EXERCISE PROMPT:
Range to reproduce from the entries below: the line with "fnv_offset = 2166136261", the line with "fnv_from-lt (fnv_byte h", and every line in between. Give them exactly and give nothing else.

━━ PROVIDED MATERIAL

-- ===== src/Wire/Hash.antt =====
-- FNV-32: `Kv8FNV32` and `Kv8LogSiteHash` of libs/libkv8/include/kv8/Kv8Types.h, and `Fnv32` of
-- libs/kv8log/lib/kv8log_impl.cpp.
use Prim.Native.Nat.{bit_xor}
use native.Mathlib.Nat.{mod-lt}
use kv8_metrics.Prelude.{
  ℕ, ◌*◌, ◌%◌, ◌^◌, ◌<◌, ◌≡◌, ◌≢◌, refl, sym, ap, ◌∙◌, [], ◌∷◌, ◌++◌, ◌==◌, if◌then◌else◌, arith,
}
use kv8_metrics.Prelude.Bytes.{Bytes}
use kv8_metrics.Prelude.Decimal.{decimal}

-- `h ^= c; h *= 16777619u`
unfoldable pub fnv_byte : ℕ → ℕ → ℕ
fnv_byte h c = bit_xor h c * 16777619 % 2 ^ 32

unfoldable pub fnv_from : ℕ → Bytes → ℕ
unfolding fnv_byte
fnv_from h [] = h
fnv_from h (c ∷ cs) = fnv_from (fnv_byte h c) cs

abbrev pub fnv_offset : ℕ
fnv_offset = 2166136261

unfoldable pub fnv32 : Bytes → ℕ
unfolding fnv_from
fnv32 s = fnv_from fnv_offset s

-- The lengths are those of the byte lists; a null pointer hashes as the empty text.
unfoldable pub log_site_hash : Bytes → ℕ → Bytes → ℕ
unfolding fnv_from
log_site_hash file line func =
    let h1 = fnv_byte (fnv_from fnv_offset file) 0 in
    let h2 = fnv_byte (fnv_from h1 (decimal line)) 0 in
    let h = fnv_from h2 func in if h == 0 then 1 else h

pub fnv_from-append : (h : ℕ) (xs ys : Bytes) → fnv_from h (xs ++ ys) ≡ fnv_from (fnv_from h xs) ys
unfolding fnv_from
fnv_from-append h [] ys = refl
fnv_from-append h (x ∷ xs) ys = fnv_from-append (fnv_byte h x) xs ys

pub fnv_from-lt : (h : ℕ) (xs : Bytes) → h < 2 ^ 32 → fnv_from h xs < 2 ^ 32
unfolding fnv_from
fnv_from-lt h [] lt = lt
fnv_from-lt h (x ∷ xs) lt =
    fnv_from-lt (fnv_byte h x) xs (mod-lt (bit_xor h x * 16777619) {m = 2 ^ 32} (omega arith))

-- The text that identifies a call site: basename, NUL, decimal line, NUL, function.
abbrev pub site_text : Bytes → ℕ → Bytes → Bytes
site_text file line func = file ++ 0 ∷ (decimal line ++ 0 ∷ func)

-- The sum over the parts is the sum over the text.
site_text_hash :
    (file : Bytes) (line : ℕ) (func : Bytes)
    → fnv32 (site_text file line func)
      ≡ fnv_from (fnv_byte (fnv_from (fnv_byte (fnv_from fnv_offset file) 0) (decimal line)) 0) func
unfolding fnv32
site_text_hash file line func =
    fnv_from-append fnv_offset file (0 ∷ (decimal line ++ 0 ∷ func))
    ∙ fnv_from-append (fnv_byte (fnv_from fnv_offset file) 0) (decimal line) (0 ∷ func)

pub fnv32-lt : (s : Bytes) → fnv32 s < 2 ^ 32
unfolding fnv32
fnv32-lt s = fnv_from-lt fnv_offset s (omega arith)

abbrev nonzero : ℕ → ℕ
nonzero h = if h == 0 then 1 else h

nonzero_bounds : (h : ℕ) → h < 2 ^ 32 → (nonzero h ≢ 0) × (nonzero h < 2 ^ 32)
nonzero_bounds h lt = ground arith

log_site_hash-text :
    (file : Bytes) (line : ℕ) (func : Bytes)
    → log_site_hash file line func ≡ nonzero (fnv32 (site_text file line func))
unfolding log_site_hash
log_site_hash-text file line func = ap nonzero (sym (site_text_hash file line func))

-- The site hash is the FNV-32 value of the site's text, except that 0 becomes 1; so it is a nonzero
-- 32-bit number.
pub log_site_hash_lem :
    (file : Bytes) (line : ℕ) (func : Bytes)
    → (log_site_hash file line func
        ≡ (if fnv32 (site_text file line func) == 0 then 1 else fnv32 (site_text file line func)))
      × (log_site_hash file line func ≢ 0)
      × (log_site_hash file line func < 2 ^ 32)
log_site_hash_lem file line func =
    let e = log_site_hash-text file line func in
    let b =
      nonzero_bounds (fnv32 (site_text file line func)) (fnv32-lt (site_text file line func)) in
    (e, (λ z. b.0 (sym e ∙ z)), omega (arith, e, b.1))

━━━━

YOUR RESPONSE:
fnv_offset = 2166136261

unfoldable pub fnv32 : Bytes → ℕ
unfolding fnv_from
fnv32 s = fnv_from fnv_offset s

-- The lengths are those of the byte lists; a null pointer hashes as the empty text.
unfoldable pub log_site_hash : Bytes → ℕ → Bytes → ℕ
unfolding fnv_from
log_site_hash file line func =
    let h1 = fnv_byte (fnv_from fnv_offset file) 0 in
    let h2 = fnv_byte (fnv_from h1 (decimal line)) 0 in
    let h = fnv_from h2 func in if h == 0 then 1 else h

pub fnv_from-append : (h : ℕ) (xs ys : Bytes) → fnv_from h (xs ++ ys) ≡ fnv_from (fnv_from h xs) ys
unfolding fnv_from
fnv_from-append h [] ys = refl
fnv_from-append h (x ∷ xs) ys = fnv_from-append (fnv_byte h x) xs ys

pub fnv_from-lt : (h : ℕ) (xs : Bytes) → h < 2 ^ 32 → fnv_from h xs < 2 ^ 32
unfolding fnv_from
fnv_from-lt h [] lt = lt
fnv_from-lt h (x ∷ xs) lt =
    fnv_from-lt (fnv_byte h x) xs (mod-lt (bit_xor h x * 16777619) {m = 2 ^ 32} (omega arith))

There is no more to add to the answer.